От других пражских артистов я узнал, что Днепрова, в сущности, всю жизнь была одинока. В ранней молодости она вышла замуж за одного видного общественного деятеля г. Харькова, откуда и сама происходила, но скоро разошлась с мужем и после того отвергала все решительно ухаживания и предложения со стороны бесчисленных своих воздыхателей и поклонников. По какому-то недоразумению она не получила приглашения на императорскую сцену и так – все одна – колесила вдоль и поперек необозримую матушку Россию. По-видимому, пережитая ею глубокая личная драма и сообщала особый, подымающий над повседневной пошлостью характер ее игре.
Я сказал Евелине Федоровне все ласковые слова. Я сказал, что в те годы, как я впервые встретился с ней, я только двум женщинам целовал руки с таким же благоговением, как ей, – вдове Достоевского и жене Толстого. Сказал, что никогда не забывал о ней, что счастлив с ней снова встретиться. И она с царственной благосклонностью приняла это сердечное излияние, это почти объяснение в любви – одинаково запоздалое и для нее, и для меня.

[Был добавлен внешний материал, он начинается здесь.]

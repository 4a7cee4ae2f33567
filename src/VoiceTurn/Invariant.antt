-- ===== src/VoiceTurn/Invariant.antt =====
-- What holds of a session of core/cluster/voice_turn.py between two steps.
use xiaozhi_desk_robot_serve.Prelude.{
  ℕ, ◌+◌, ◌≤◌, Bool, ◌≡◌, refl, true, false, Option, none, some, List, [], ◌∷◌, ◌++◌, ◌⊎◌, inl, inr,
  arith, length, Bool-cases, All,
}
use xiaozhi_desk_robot_serve.VoiceTurn.{
  Frame, audio, end_of_speech, Message, Task, listening, given, VoiceTurn, init, emit, after, ok,
  raised, TaskInput, Step,
}
use xiaozhi_desk_robot_serve.VoiceTurn.Control.{queue_size, emit_quietly, release, abort, drain}

-- the frames of a queue: audio, and after the end of speech nothing
abbrev pub IsAudio : Frame → Type 0
IsAudio (audio bytes) = Unit
IsAudio end_of_speech = ⊥

abbrev pub EndsLast : List Frame → Type 0
EndsLast [] = Unit
EndsLast (audio bytes ∷ q) = EndsLast q
EndsLast (end_of_speech ∷ q) = q ≡ []

abbrev pub QueueOk : Bool → Option (List Frame) → Type 0
QueueOk ending none = Unit
QueueOk false (some q) = (length q ≤ queue_size) × All IsAudio q
QueueOk true (some q) = (length q ≤ queue_size) × EndsLast q

-- a task that listens has its queue; one that answers a text lets no frame in
abbrev pub Served : TaskInput → Option (List Frame) → Bool → Bool → Type 0
Served (listening mode) none ending closing = ⊥
Served (listening mode) (some q) ending closing = Unit
Served (given text wake last) q ending closing = (ending ≡ true) ⊎ (closing ≡ true)

-- the task of the state belongs to the current generation
abbrev pub TaskOk : ℕ → Option (List Frame) → Bool → Bool → Option Task → Type 0
TaskOk g q ending closing none = Unit
TaskOk g q ending closing (some t) = (t.generation ≡ g) × Served t.input q ending closing

abbrev pub IsSound : VoiceTurn → Type 0
IsSound v = QueueOk v.ending v.queue × TaskOk v.generation v.queue v.ending v.idle_closing v.task

pub init-IsSound : (now : ℕ) → IsSound (init now)
unfolding init
init-IsSound now = (tt, tt)

pub All-EndsLast : (q : List Frame) → All IsAudio q → EndsLast q
All-EndsLast [] a = tt
All-EndsLast (audio bytes ∷ q) a = All-EndsLast q a.1
All-EndsLast (end_of_speech ∷ q) a = absurd a.0

pub EndsLast-append : (q : List Frame) (f : Frame) → All IsAudio q → EndsLast (q ++ f ∷ [])
EndsLast-append [] (audio bytes) a = tt
EndsLast-append [] end_of_speech a = refl
EndsLast-append (audio bytes ∷ q) f a = EndsLast-append q f a.1
EndsLast-append (end_of_speech ∷ q) f a = absurd a.0

pub length-drain-le : (n : ℕ) (q : List Frame) → length (drain n q) ≤ length q
unfolding drain
length-drain-le n [] = omega arith
length-drain-le n (f ∷ q) = ground (arith, length-drain-le n q)

All-drain : (n : ℕ) (q : List Frame) → All IsAudio q → All IsAudio (drain n q)
unfolding drain
All-drain n [] a = tt
All-drain n (f ∷ q) a = ground (arith, All-drain n q)

EndsLast-tail : (f : Frame) (q : List Frame) → EndsLast (f ∷ q) → EndsLast q
EndsLast-tail (audio bytes) q e = e
EndsLast-tail end_of_speech [] e = tt
EndsLast-tail end_of_speech (f ∷ q) e = absurd (cc)

EndsLast-drain : (n : ℕ) (q : List Frame) → EndsLast q → EndsLast (drain n q)
unfolding drain
EndsLast-drain n [] e = tt
EndsLast-drain n (f ∷ q) e = ground (arith, EndsLast-drain n q, EndsLast-tail f q)

pub QueueOk-drain :
    (ending : Bool) (n : ℕ) (q : List Frame)
    → QueueOk ending (some q)
    → QueueOk ending (some (drain n q))
QueueOk-drain true n q i = (omega (arith, length-drain-le n q, i.0), EndsLast-drain n q i.1)
QueueOk-drain false n q i = (omega (arith, length-drain-le n q, i.0), All-drain n q i.1)

pub QueueOk-tail :
    (ending : Bool) (f : Frame) (q : List Frame)
    → QueueOk ending (some (f ∷ q))
    → QueueOk ending (some q)
QueueOk-tail true f q i = (omega arith, EndsLast-tail f q i.1)
QueueOk-tail false f q i = (omega arith, i.1.1)

pub QueueOk-end : (ending : Bool) (q : Option (List Frame)) → QueueOk ending q → QueueOk true q
QueueOk-end ending none i = tt
QueueOk-end true (some q) i = i
QueueOk-end false (some q) i = (i.0, All-EndsLast q i.1)

Served-end :
    (t : TaskInput) (q : Option (List Frame)) (ending closing : Bool)
    → Served t q ending closing
    → Served t q true closing
Served-end (listening mode) none ending closing s = s
Served-end (listening mode) (some q) ending closing s = tt
Served-end (given text wake last) q ending closing s = inl refl

pub TaskOk-end :
    (g : ℕ) (q : Option (List Frame)) (ending closing : Bool) (t : Option Task)
    → TaskOk g q ending closing t
    → TaskOk g q true closing t
TaskOk-end g q ending closing none i = tt
TaskOk-end g q ending closing (some t) i = (i.0, Served-end t.input q ending closing i.1)

Served-queue :
    (t : TaskInput) (q q' : List Frame) (ending closing : Bool)
    → Served t (some q) ending closing
    → Served t (some q') ending closing
Served-queue (listening mode) q q' ending closing s = tt
Served-queue (given text wake last) q q' ending closing s = s

pub TaskOk-queue :
    (g : ℕ) (q q' : List Frame) (ending closing : Bool) (t : Option Task)
    → TaskOk g (some q) ending closing t
    → TaskOk g (some q') ending closing t
TaskOk-queue g q q' ending closing none i = tt
TaskOk-queue g q q' ending closing (some t) i = (i.0, Served-queue t.input q q' ending closing i.1)

-- sending changes only what was sent
pub emit-IsSound :
    (sends : Message → Bool) (m : Message) (v : VoiceTurn) → IsSound v → IsSound (emit sends m v).0
unfolding emit
emit-IsSound sends m v i = elim (Bool-cases (sends m)) [ inl e ↦ rw e i | inr e ↦ rw e i ]

pub after-IsSound :
    (s : Step) (k : VoiceTurn → Step)
    → IsSound s.0
    → ((v : VoiceTurn) → IsSound v → IsSound (k v).0)
    → IsSound (after s k).0
unfolding after
after-IsSound (v, ok) k i h = h v i
after-IsSound (v, raised e) k i h = i

-- after `abort` there is neither task nor queue
pub abort-none :
    (sends : Message → Bool) (v : VoiceTurn)
    → ((abort sends v).queue ≡ none)
      × ((abort sends v).task ≡ none)
      × ((abort sends v).generation ≡ v.generation + 1)
      × ((abort sends v).idle_closing ≡ v.idle_closing)
unfolding abort emit_quietly emit release
abort-none sends v = ground arith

В годы Второй мировой войны Е. Ф. Днепрова скончалась в Праге. Отблеск того бессмертного, что было в ней, живет по-прежнему в моей душе.
Глава 4
Коллекционерство
Я рассказывал, как я однажды просил Андрея Белого об автографе, но не упомянул, что этот шаг был лишь, так сказать, единичным проявлением целой, сознательно проводившейся, «программы действий». А между тем я должен был бы, собственно, сказать об этом еще при описании пребывания своего в Томске, в гимназии. В самом деле, еще с тех пор захватила меня страсть коллекционирования автографов знаменитых людей. В первые годы пребывания в Москве я еще продолжал отдаваться этой страсти.
Мысль о собирании автографов подал мне едва ли не Коля Калугин, тот мальчик, с которым в пансионе гимназии мы устраивали кукольный театр и который затем посетил меня как бывший «белый» офицер в Москве. Дело в том, что в Петербурге, где Коля учился до перевода его отца на службу в Томск, у семьи Калугиных, как я уже упоминал об этом30, были кое-какие знакомства в литературном мире. Калугин-гимназист показал мне одну-две рукописи петербургских литераторов, объяснил их ценность и тем пробудил интерес к рукописям-оригиналам. Известно, что собирание автографов имеет, во-первых, историко-литературное, а во-вторых, психологическое основание. Я в то время заразился, главное, психологическим интересом в деле коллекционирования автографов:
Калугин подарил мне визитную карточку поэта-переводчика Д. Л. Михаловского с его собственноручной надписью. Через учившегося в Петербурге кузнечанина Яшу Панова или, вернее, зятя Пановых педагога Троицкого я достал автограф, и даже два автографа, И. И. Ясинского (Максима Белинского). Теперь, пожалуй, имя Ясинского уже забыто. Между тем это был очень популярный в свое время и плодовитый романист и рассказчик. Он вписал также свое имя в историю русской общественности, первым из видных русских литераторов, вместе с Валерием Брюсовым, примкнув к Октябрьской революции. Седой старик. Кудлатая такая голова, вроде как у Карла Маркса. Я получил от Ясинского два листка бумаги, на которых собственным, красивым почерком писателя выведены были изречение и стихи, с подписями.
Я храню в памяти и изречение, и стихи.